Last night I finally got a chance to see Mark Morris’s newest piece, Moon, which premiered at the Kennedy Center last spring and has just now reached Berkeley under the auspices of Cal Performances. The last time I watched a new Morris piece in the middle of political turmoil, it was the fall of 2001, and his brilliant V (set to Schumann’s Piano Quintet) roused me out of my post-9/11 sense of anomie. But Moon, which may be equally brilliant, had the opposite effect on me: it only deepened my despair about our current national situation. Perhaps that says more about the difference between 2001 and 2026 than it does about the respective dances.

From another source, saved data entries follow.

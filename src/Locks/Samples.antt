-- ===== src/Locks/Samples.antt =====
-- Values for what the locks take from elsewhere.
use native.Mathlib.Nat.{le_refl}
use utd_cs6v81_spring.Base.{
  ℕ, zero, suc, [], ◌∷◌, ◌<◌, Text, arith, ◌≡◌, refl, Bool, true, false, Option, none, some,
  replicate, length-replicate,
}
use utd_cs6v81_spring.Locks.Backoff.{Random}
use utd_cs6v81_spring.Locks.Spin.{Mutex}
use utd_cs6v81_spring.Locks.Create.{Environment}
use utd_cs6v81_spring.Locks.Args.Laws.{IsDecimal}
use utd_cs6v81_spring.Harness.Samples.{decimal}

-- A generator that always draws the lower bound, and counts.
abbrev pub lowest : Random
lowest = record {
  Gen = ℕ;
  seed = λ s. s;
  draw = λ a b g. (a, suc g);
  draw_bounds = λ a b g h. (le_refl a, h);
}

abbrev pub try_bit : Bool → Option Bool
try_bit true = none
try_bit false = some true

pub bit_free : (s : Bool) → s ≡ false → (s' : Bool) × (try_bit s ≡ some s') × (s' ≡ true)
bit_free true h = cc
bit_free false h = (true, refl, refl)

pub bit_held : (s : Bool) → s ≡ true → try_bit s ≡ none
bit_held true h = refl
bit_held false h = cc

abbrev pub bit_mutex : Mutex
bit_mutex = record {
  State = Bool;
  fresh = false;
  held = λ s. s;
  acquire = try_bit;
  release = λ s. false;
  fresh_free = refl;
  acquire_free = bit_free;
  acquire_held = bit_held;
  release_free = λ s. refl;
}

abbrev pub clean : Environment
clean = record {
  random = lowest;
  mutex = bit_mutex;
  backoff_memory = false;
  array_memory = λ n. replicate n true;
  array_long = λ n. length-replicate n true;
}

first_digit : (n : ℕ) → (d : ℕ) × (rest : Text) × (decimal n ≡ d ∷ rest) × (d < b'A')
first_digit zero = (b'0', [], refl, omega arith)
first_digit (suc n) = (b'1', decimal n, refl, omega arith)

pub decimal-IsDecimal : IsDecimal decimal
decimal-IsDecimal = record { first = first_digit }
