-- ===== src/Counters/Tests.antt =====
-- Two threads: with no lock, the second overwrites what the first has written. One thread alone with
-- the atomic increment, and with the mutex.
use utd_cs6v81_spring.Base.{
  ℕ, zero, suc, ◌*◌, ◌%◌, ◌^◌, ◌≤◌, ◌<◌, ◌≡◌, refl, Bool, true, Option, none, some, List, [], ◌∷◌,
  Text, codes, same_text, ℕ_discrete, arith, if◌then◌else◌,
}
use utd_cs6v81_spring.Locks.Algorithm.{Below}
use utd_cs6v81_spring.Counters.{launch, rounds}
use utd_cs6v81_spring.Counters.Racy
use utd_cs6v81_spring.Counters.Racy.Least.{racy_counter_prints}
use utd_cs6v81_spring.Harness.Main.{joined}
use utd_cs6v81_spring.Counters.Atomic
use utd_cs6v81_spring.Counters.Locked
use utd_cs6v81_spring.Counters.Locked.{locked_counter_prints}
use utd_cs6v81_spring.Locks.Samples.{bit_mutex}
use utd_cs6v81_spring.Counters.Atomic.{atomic_counter_prints}

abbrev cast : Text → Option ℕ
cast t =
    if same_text t (codes "2") then some 2 else if same_text t (codes "1") then some 1 else none

abbrev always : ℕ → Bool
always i = true

-- Two threads that both read the counter before either writes it, in each of their rounds.
abbrev overlapping : ℕ → List ℕ
overlapping zero = []
overlapping (suc k) = 0 ∷ 1 ∷ 0 ∷ 1 ∷ overlapping k

overlapping-Below : (k : ℕ) → Below 2 (overlapping k)
overlapping-Below zero = tt
overlapping-Below (suc k) =
    (omega arith, (omega arith, (omega arith, (omega arith, overlapping-Below k))))

overlapping_end : (t : ℕ) → t < 2 → ((Racy.run Racy.start (overlapping 10000)).worker t).i ≡ rounds
unfolding Racy.run Racy.step Racy.act ℕ_discrete
overlapping_end zero h = refl
overlapping_end (suc zero) h = refl
overlapping_end (suc (suc t)) h = absurd (omega arith)

racy_counter_prints_example :
    (counter : ℕ) × (Racy.main cast always (codes "2" ∷ []) (overlapping 10000) ≡ some counter)
    × (2 ≤ counter)
    × (counter ≤ 2 * rounds)
racy_counter_prints_example =
    racy_counter_prints cast always (codes "2") 2 (overlapping 10000) refl (λ j. refl) (omega arith)
      (omega arith) (overlapping-Below 10000) overlapping_end

-- Half of the increments are lost; and `main` waits while a thread has not ended.
half_lost : Racy.main cast always (codes "2" ∷ []) (overlapping 10000) ≡ some 10000
unfolding Racy.main Racy.run Racy.step Racy.act launch joined ℕ_discrete
half_lost = refl

still_joining : Racy.main cast always (codes "2" ∷ []) (overlapping 1) ≡ none
unfolding Racy.main Racy.run Racy.step Racy.act launch joined ℕ_discrete
still_joining = refl

abbrev turns : ℕ → List ℕ
turns zero = []
turns (suc k) = 0 ∷ turns k

turns-Below : (k : ℕ) → Below 1 (turns k)
turns-Below zero = tt
turns-Below (suc k) = (omega arith, turns-Below k)

turns_end : (t : ℕ) → t < 1 → (Atomic.run Atomic.start (turns 10000)).i t ≡ rounds
unfolding Atomic.run Atomic.step ℕ_discrete
turns_end zero h = refl
turns_end (suc t) h = absurd (omega arith)

atomic_counter_prints_example :
    Atomic.main cast always (codes "1" ∷ []) (turns 10000) ≡ some (1 * rounds % 2 ^ 32)
atomic_counter_prints_example =
    atomic_counter_prints cast always (codes "1") 1 (turns 10000) refl (λ j. refl)
      (turns-Below 10000) turns_end

-- One thread with the mutex: four accesses to a round.
locked_turns_end :
    (t : ℕ)
    → t < 1
    → ((Locked.run bit_mutex (Locked.start bit_mutex) (turns 40000)).worker t).i ≡ rounds
unfolding Locked.run Locked.step Locked.act ℕ_discrete
locked_turns_end zero h = refl
locked_turns_end (suc t) h = absurd (omega arith)

locked_counter_prints_example :
    Locked.main bit_mutex cast always (codes "1" ∷ []) (turns 40000) ≡ some (1 * rounds % 2 ^ 32)
locked_counter_prints_example =
    locked_counter_prints bit_mutex cast always (codes "1") 1 (turns 40000) refl (λ j. refl)
      (turns-Below 40000) locked_turns_end
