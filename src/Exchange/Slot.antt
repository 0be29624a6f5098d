-- ===== src/Exchange/Slot.antt =====
-- project3/Exchanger.h, class Slot: a node and a state in one 64-bit word. The state takes the two
-- low bits; the addresses of nodes are multiples of 4, and these bits of theirs are 0. The
-- operations `& 0x3` and `& ~0x3` are `% 4` and `/ 4 * 4`.
use Prim.Native.Nat.{bit_or}
use utd_cs6v81_spring.Base.{
  ℕ, ◌+◌, ◌*◌, ◌/◌, ◌%◌, ◌≡◌, ap, sym, ◌∙◌, ◌↔◌, Bool, true, false, Option, none, some, ◌==◌, arith,
  if◌then◌else◌,
}

pub data ExchangeState : Type 0 where
  empty waiting busy : ExchangeState

abbrev pub code : ExchangeState → ℕ
code empty = 0
code waiting = 1
code busy = 2

-- The cast of the two bits; 3 is none of the states.
abbrev pub state_of : ℕ → Option ExchangeState
state_of b =
    if b == 0
    then some empty
    else if b == 1
    then some waiting
    else if b == 2
    then some busy
    else none

-- `(uint64_t)n | (state & 0x3)`
unfoldable pub word : ℕ → ExchangeState → ℕ
word n state = n / 4 * 4 + bit_or (n % 4) (code state)

-- `get`: the node and the state. The code reads `data` once for each; this is one read of both, and
-- what `exchange` does with them is checked again by its compare and swap.
unfoldable pub get : ℕ → ℕ × Option ExchangeState
get w = (w / 4 * 4, state_of (w % 4))

-- `compareAndSet`: whether it stored, and the word afterwards.
unfoldable pub compare_and_set :
    ℕ → (old_node new_node : ℕ) → (old_state new_state : ExchangeState) → Bool × ℕ
unfolding word
compare_and_set w old_node new_node old_state new_state =
    if w == word old_node old_state then (true, word new_node new_state) else (false, w)

-- What `set` stores of an aligned node.
pub word-add : (n : ℕ) (s : ExchangeState) → n % 4 ≡ 0 → word n s ≡ n + code s
unfolding word
word-add n empty h = rw h (omega arith)
word-add n waiting h = rw h (omega arith)
word-add n busy h = rw h (omega arith)

pub get-set : (n : ℕ) (s : ExchangeState) → n % 4 ≡ 0 → get (word n s) ≡ (n, some s)
unfolding get
get-set n empty h = rw (word-add n empty h) (ground arith)
get-set n waiting h = rw (word-add n waiting h) (ground arith)
get-set n busy h = rw (word-add n busy h) (ground arith)

word_injective :
    (n m : ℕ) (s t : ExchangeState)
    → n % 4 ≡ 0
    → m % 4 ≡ 0
    → word n s ≡ word m t
    → (n ≡ m) × (s ≡ t)
word_injective n m s t h k e =
    let same = sym (get-set n s h) ∙ ap get e ∙ get-set m t k in
    (ap (λ g. g.0) same, cc (ap (λ g. g.1) same))

-- For nodes at multiples of 4: what `set` stores, `get` gives back; and `compareAndSet` stores
-- exactly when the slot holds the old node in the old state.
pub slot_round_trip :
    (n m new : ℕ) (s t u : ExchangeState)
    → n % 4 ≡ 0
    → m % 4 ≡ 0
    → (get (word n s) ≡ (n, some s))
      × (((compare_and_set (word n s) m new t u).0 ≡ true) ↔ ((n ≡ m) × (s ≡ t)))
unfolding compare_and_set
slot_round_trip n m new s t u h k =
    (get-set n s h, ((λ e. word_injective n m s t h k (ground arith)), λ e. ground (arith, e)))
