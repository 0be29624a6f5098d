-- ===== src/Exchange.antt =====
-- project3/Exchanger.cpp: `exchange`, called by any number of threads on one slot, an access to the
-- slot or a reading of the clock at a time. Nodes are addresses, and 0 is NULL.
pub mod Slot
pub mod Steps
pub mod Conserves
pub mod Alone
pub mod Visit
pub mod Timeout
mod Tests
use utd_cs6v81_spring.Base.{
  ℕ, zero, suc, ◌+◌, Bool, true, false, Option, none, some, List, [], ◌∷◌, ◌==◌, if◌then◌else◌,
}
use utd_cs6v81_spring.Base.Family.{update}
use utd_cs6v81_spring.Times.{Timespec, less, greater}
use utd_cs6v81_spring.Exchange.Slot.{
  ExchangeState, empty, waiting, busy, word, get, compare_and_set,
}

-- Where a thread stands in `exchange(n)`, with the locals that are live there.
pub data Pc : Type 0 where
  -- Before the reading of the clock that sets `bound`.
  entering : (n : ℕ) → Pc
  -- The outer loop: before the reading of the clock, before `get`, before the compare and swap of
  -- each case.
  checking : (n : ℕ) (bound : Timespec) → Pc
  reading : (n : ℕ) (bound current : Timespec) → Pc
  offering : (n : ℕ) (bound current : Timespec) (otheritem : ℕ) → Pc
  taking : (n : ℕ) (bound : Timespec) (otheritem : ℕ) → Pc
  -- The inner loop: before the reading of the clock, before `get`.
  watching : (n : ℕ) (bound : Timespec) → Pc
  looking : (n : ℕ) (bound current : Timespec) → Pc
  -- After it: before the compare and swap that takes the offer back, before the last `get`.
  withdrawing : (n : ℕ) → Pc
  collecting : (n : ℕ) → Pc
  -- Before `slot.set(NULL, EMPTY)`.
  clearing : (otheritem : ℕ) → Pc
  -- The node returned, or the TimeoutException of a call with `n`.
  returned : (otheritem : ℕ) → Pc
  timed_out : (n : ℕ) → Pc

-- `bound.tv_nsec += NANO_DUR`
abbrev pub nano_dur : ℕ
nano_dur = 512

abbrev pub bound_from : Timespec → Timespec
bound_from now = record now { tv_nsec = now.tv_nsec + nano_dur }

-- The test of the inner loop.
abbrev pub watch : ℕ → Timespec → Timespec → Pc
watch n bound current = if less current bound then watching n bound else withdrawing n

-- The switch on the state; the bits 3 match no case.
abbrev pub dispatch : ℕ → Timespec → Timespec → ℕ × Option ExchangeState → Pc
dispatch n bound current (item, some empty) = offering n bound current item
dispatch n bound current (item, some waiting) = taking n bound item
dispatch n bound current (item, some busy) = checking n bound
dispatch n bound current (item, none) = checking n bound

abbrev pub look : ℕ → Timespec → Timespec → ℕ × Option ExchangeState → Pc
look n bound current (item, some busy) = clearing item
look n bound current (item, s) = watch n bound current

-- The outcome of a compare and swap, with the places after it has stored and after it has not.
abbrev pub swapped : Bool × ℕ → Pc → Pc → ℕ × Pc
swapped (stored, w) yes_pc no_pc = (w, if stored then yes_pc else no_pc)

-- One step of a thread, on the word of the slot; `now` is what the clock says.
unfoldable pub move : ℕ → Pc → Timespec → ℕ × Pc
move w (entering n) now = (w, checking n (bound_from now))
move w (checking n bound) now = (w, if greater now bound then timed_out n else reading n bound now)
move w (reading n bound current) now = (w, dispatch n bound current (get w))
move w (offering n bound current item) now =
    swapped (compare_and_set w item n empty waiting) (watch n bound current) (checking n bound)
move w (taking n bound item) now =
    swapped (compare_and_set w item n waiting busy) (returned item) (checking n bound)
move w (watching n bound) now = (w, looking n bound now)
move w (looking n bound current) now = (w, look n bound current (get w))
move w (withdrawing n) now =
    swapped (compare_and_set w n 0 waiting empty) (timed_out n) (collecting n)
move w (collecting n) now = (w, clearing (get w).0)
move w (clearing item) now = (word 0 empty, returned item)
move w (returned item) now = (w, returned item)
move w (timed_out n) now = (w, timed_out n)

pub record State : Type 0 where
  pub slot : ℕ
  pub pc : ℕ → Pc

-- The constructor of Slot, and a call of `exchange` by each thread.
abbrev pub start : (ℕ → ℕ) → State
start offers = record { slot = 0; pc = λ i. entering (offers i) }

unfoldable pub step : State → ℕ → Timespec → State
unfolding move
step s i now = let (w, p) = move s.slot (s.pc i) now in record { slot = w; pc = update s.pc i p }

unfoldable pub run : State → List (ℕ × Timespec) → State
run s [] = s
run s ((i, now) ∷ turns) = run (step s i now) turns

But precisely because it was so moving and evocative—of a lost time in history, and of our nearly lost feelings of innocence and wonder—Moon made me sad rather than joyful.
Take, for example, the effect of the work’s opening moments. After the lights came down in Zellerbach Hall, with the stage still dark, the two musicians who played all the live music in the show—Colin Fowler on keyboards and Michel Taddei on double bass—struck up the slow-paced notes of a weirdly inviting modernist piece of music. Then, as the backdrop came to life with the first of Wendall K. Harrington’s charming (and invariably appropriate) projections, we saw the words “President of the United States” arching over the presidential seal. The shocked silence in the Berkeley auditorium had the feel of a collective gasp—and then the seal dropped down to reveal a portrait of John F. Kennedy, Jr. The audience silence turned into a relieved laugh, but for me the shock persisted, because the symbols brought me face-to-face with the changes that have occurred in our national self-image since Kennedy’s “Moon Shot” excitement of 1961 and 1962.
America’s exploration of outer space and in particular its astronauts’ moon landings form a big part of the one-hour dance, but so do many other associations with that planetary, mythological, romantic entity. The music alternates between live performances of Debussy (Clair de lune), Ligeti, and other classical moderns, and recorded melodies, mostly derived from the world of popular song. So we get “Roll Along, Prairie Moon” and “Blue Moon” by Al Bowlly, “Blue Moon of Kentucky” by Bill Monroe and His Blue Grass Boys, “Dark Moon” by Bonnie Guitar, and “Honey-Colored Moon” by Henry Hall & the BBC Dance Orchestra—to each of which Morris, in his inimitable way, has composed a dance that both gestures toward couple dancing and also stresses the group patterns of modern dance. These “social dances” may well have been my favorite parts of the show, seconded by the initial Balanchine-style chorus line of rah-rah cheerleader/dancers celebrating the “Dawn of a New Day.”
I also deeply admired, and would love to watch again, the strange, wondrous interludes that took place behind a scrim. In each of these, performed to the music of the two-man live band, one to four dancers at a time would cross the slightly darkened stage on pivoting wheeled stools. Generally they lay face-down, with their stomachs on the stools; they alternated between extending their arms and legs outward and curling them up, thus spinning the stools faster or slower. It seemed to me that all this supported yet restricted propulsion evoked the condition of astronauts in a gravity-less environment, while at the same time reminding us of children on a playground wheel. Perhaps the best of these ghostly and alluring intervals was the one where the dancer Noah Vinson stood among a group of four spinners, holding their hands and twirling them in various directions as we tried to puzzle out which body connected with which and in what direction it was moving. That sequence was magical, and somehow incredibly moving.
Isaac Mizrahi’s costumes—identical for all the dancers, who included four women and five men—could not have been bettered. With their all-white fronts (resembling space suits) and all-black backs (like wetsuits), they managed subtle and humorously to evoke the pale moon and its eternally dark side. All nine dancers were top-notch, too, and though my eye was drawn as always to Dallas McMurray, Courtney Lopes, and Billy Smith, it really seems unfair to single out any one dancer, since their success lay in being wholly persuasive as a group. At the end I wanted nothing more than to applaud these dancers and their choreographer, and I did. Yet even as I clapped enthusiastically, I was weighed down by the residual sorrow they left me with. For the evening pointed out (as if it needed pointing) the vast distance between Cape Canaveral’s hopeful optimism of 1961 and the reprehensible tragedies unfolding in Minneapolis right now. America has come a long way in those sixty-five years, and at the moment none of it seems like progress.